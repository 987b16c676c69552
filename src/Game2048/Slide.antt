-- ===== src/Game2048/Slide.antt =====
-- client/games/game_2048.py: the part of `_move` that slides the four lines. One value carries what
-- the loops change: the new grid, the merged-away tiles, the score, and the flags.
pub mod Cells
pub mod Total
pub mod Moved
pub mod Still
pub mod Placed
use mathlib.Core.List.{reverse}
use package.classic_games.Prelude.{
  ℕ, zero, suc, ◌+◌, ◌-◌, ◌*◌, Bool, true, false, ◌&&◌, ◌||◌, not, Option, none, some, List, [],
  ◌∷◌, ◌++◌, ◌==◌,
}
use package.classic_games.Game2048.Board.{Tile, Grid, size, set_cell, empty_grid}
use package.classic_games.Game2048.Line.{LineSlot, process_line}

pub data Direction : Type 0 where
  left right up down : Direction

-- grid position of slot `k` of line `fixed`: slot 0 is nearest to the destination edge
abbrev pub dest : Direction → ℕ → ℕ → ℕ × ℕ
dest left fixed k = (fixed, k)
dest right fixed k = (fixed, size - 1 - k)
dest up fixed k = (k, fixed)
dest down fixed k = (size - 1 - k, fixed)

-- [t for t in cells if t is not None]
abbrev pub somes : List (Option Tile) → List Tile
somes [] = []
somes (none ∷ cells) = somes cells
somes (some t ∷ cells) = t ∷ somes cells

abbrev pub row_tiles : Grid → ℕ → List Tile
row_tiles g r = somes (g r 0 ∷ g r 1 ∷ g r 2 ∷ g r 3 ∷ [])

abbrev pub col_tiles : Grid → ℕ → List Tile
col_tiles g c = somes (g 0 c ∷ g 1 c ∷ g 2 c ∷ g 3 c ∷ [])

-- the tiles of a line, first the one that is nearest to the destination edge
unfoldable pub line_tiles : Grid → Direction → ℕ → List Tile
line_tiles g left r = row_tiles g r
line_tiles g right r = reverse (row_tiles g r)
line_tiles g up c = col_tiles g c
line_tiles g down c = reverse (col_tiles g c)

pub record Sliding : Type 0 where
  pub cells : Grid
  pub fading : List Tile
  pub score : ℕ
  pub won : Bool
  pub moved : Bool

abbrev pub has_moved : Tile → Bool
has_moved t = not (t.row == t.from_row && t.col == t.from_col)

abbrev pub put_at : ℕ × ℕ → Tile → Tile
put_at (r, c) t = record t { row = r; col = c }

-- the tile of a slot after the placement, with the value that it takes when the slide ends
abbrev pub placed : ℕ × ℕ → LineSlot → Tile
placed p s = doubled s.source (put_at p s.tile)
  where
    doubled : Option Tile → Tile → Tile
    doubled none t = t
    doubled (some _) t = record t { target_value = t.value * 2 }

abbrev pub dying : ℕ × ℕ → Tile → Tile
dying p s = record (put_at p s) { dead = true }

pub place_source : ℕ × ℕ → Option Tile → Tile → Sliding → Sliding
place_source p none t b = b
place_source p (some s) t b = record b {
  fading = b.fading ++ dying p s ∷ [];
  score = b.score + t.target_value;
  won = b.won || t.target_value == 2048;
  moved = b.moved || has_moved (dying p s);
}

pub place_slot : ℕ × ℕ → LineSlot → Sliding → Sliding
unfolding place_source
place_slot p s b =
    let t = placed p s in
    place_source p s.source t
      (record b { cells = set_cell b.cells p.0 p.1 t; moved = b.moved || has_moved t })

pub place_slots : Direction → ℕ → ℕ → List LineSlot → Sliding → Sliding
unfolding place_slot
place_slots d fixed k [] b = b
place_slots d fixed k (s ∷ slots) b =
    place_slots d fixed (suc k) slots (place_slot (dest d fixed k) s b)

-- the first `n` lines
pub slide_lines : Direction → Grid → ℕ → Sliding → Sliding
unfolding place_slots
slide_lines d g zero b = b
slide_lines d g (suc n) b =
    place_slots d n 0 (process_line (line_tiles g d n)) (slide_lines d g n b)

-- t.from_row, t.from_col = t.row, t.col; t.dead = False
abbrev pub settle_from : Option Tile → Option Tile
settle_from none = none
settle_from (some t) = some (record t { from_row = t.row; from_col = t.col; dead = false })

abbrev pub reset_from : Grid → Grid
reset_from g r c = settle_from (g r c)

unfoldable pub slide : Direction → Grid → ℕ → Bool → Sliding
unfolding slide_lines
slide d g score won =
    slide_lines d (reset_from g) size
      (record { cells = empty_grid; fading = []; score = score; won = won; moved = false })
☆ ☆ ☆
■ Work to be completed
Could you restate word for word the lines above from the one containing "-- the loops" through the one containing "somes (none ∷ cells) = somes cells", both included, and nothing else?

■ Exercise answer
-- the loops change: the new grid, the merged-away tiles, the score, and the flags.
pub mod Cells
pub mod Total
pub mod Moved
pub mod Still
pub mod Placed
use mathlib.Core.List.{reverse}
use package.classic_games.Prelude.{
  ℕ, zero, suc, ◌+◌, ◌-◌, ◌*◌, Bool, true, false, ◌&&◌, ◌||◌, not, Option, none, some, List, [],
  ◌∷◌, ◌++◌, ◌==◌,
}
use package.classic_games.Game2048.Board.{Tile, Grid, size, set_cell, empty_grid}
use package.classic_games.Game2048.Line.{LineSlot, process_line}

pub data Direction : Type 0 where
  left right up down : Direction

-- grid position of slot `k` of line `fixed`: slot 0 is nearest to the destination edge
abbrev pub dest : Direction → ℕ → ℕ → ℕ × ℕ
dest left fixed k = (fixed, k)
dest right fixed k = (fixed, size - 1 - k)
dest up fixed k = (k, fixed)
dest down fixed k = (size - 1 - k, fixed)

-- [t for t in cells if t is not None]
abbrev pub somes : List (Option Tile) → List Tile
somes [] = []
somes (none ∷ cells) = somes cells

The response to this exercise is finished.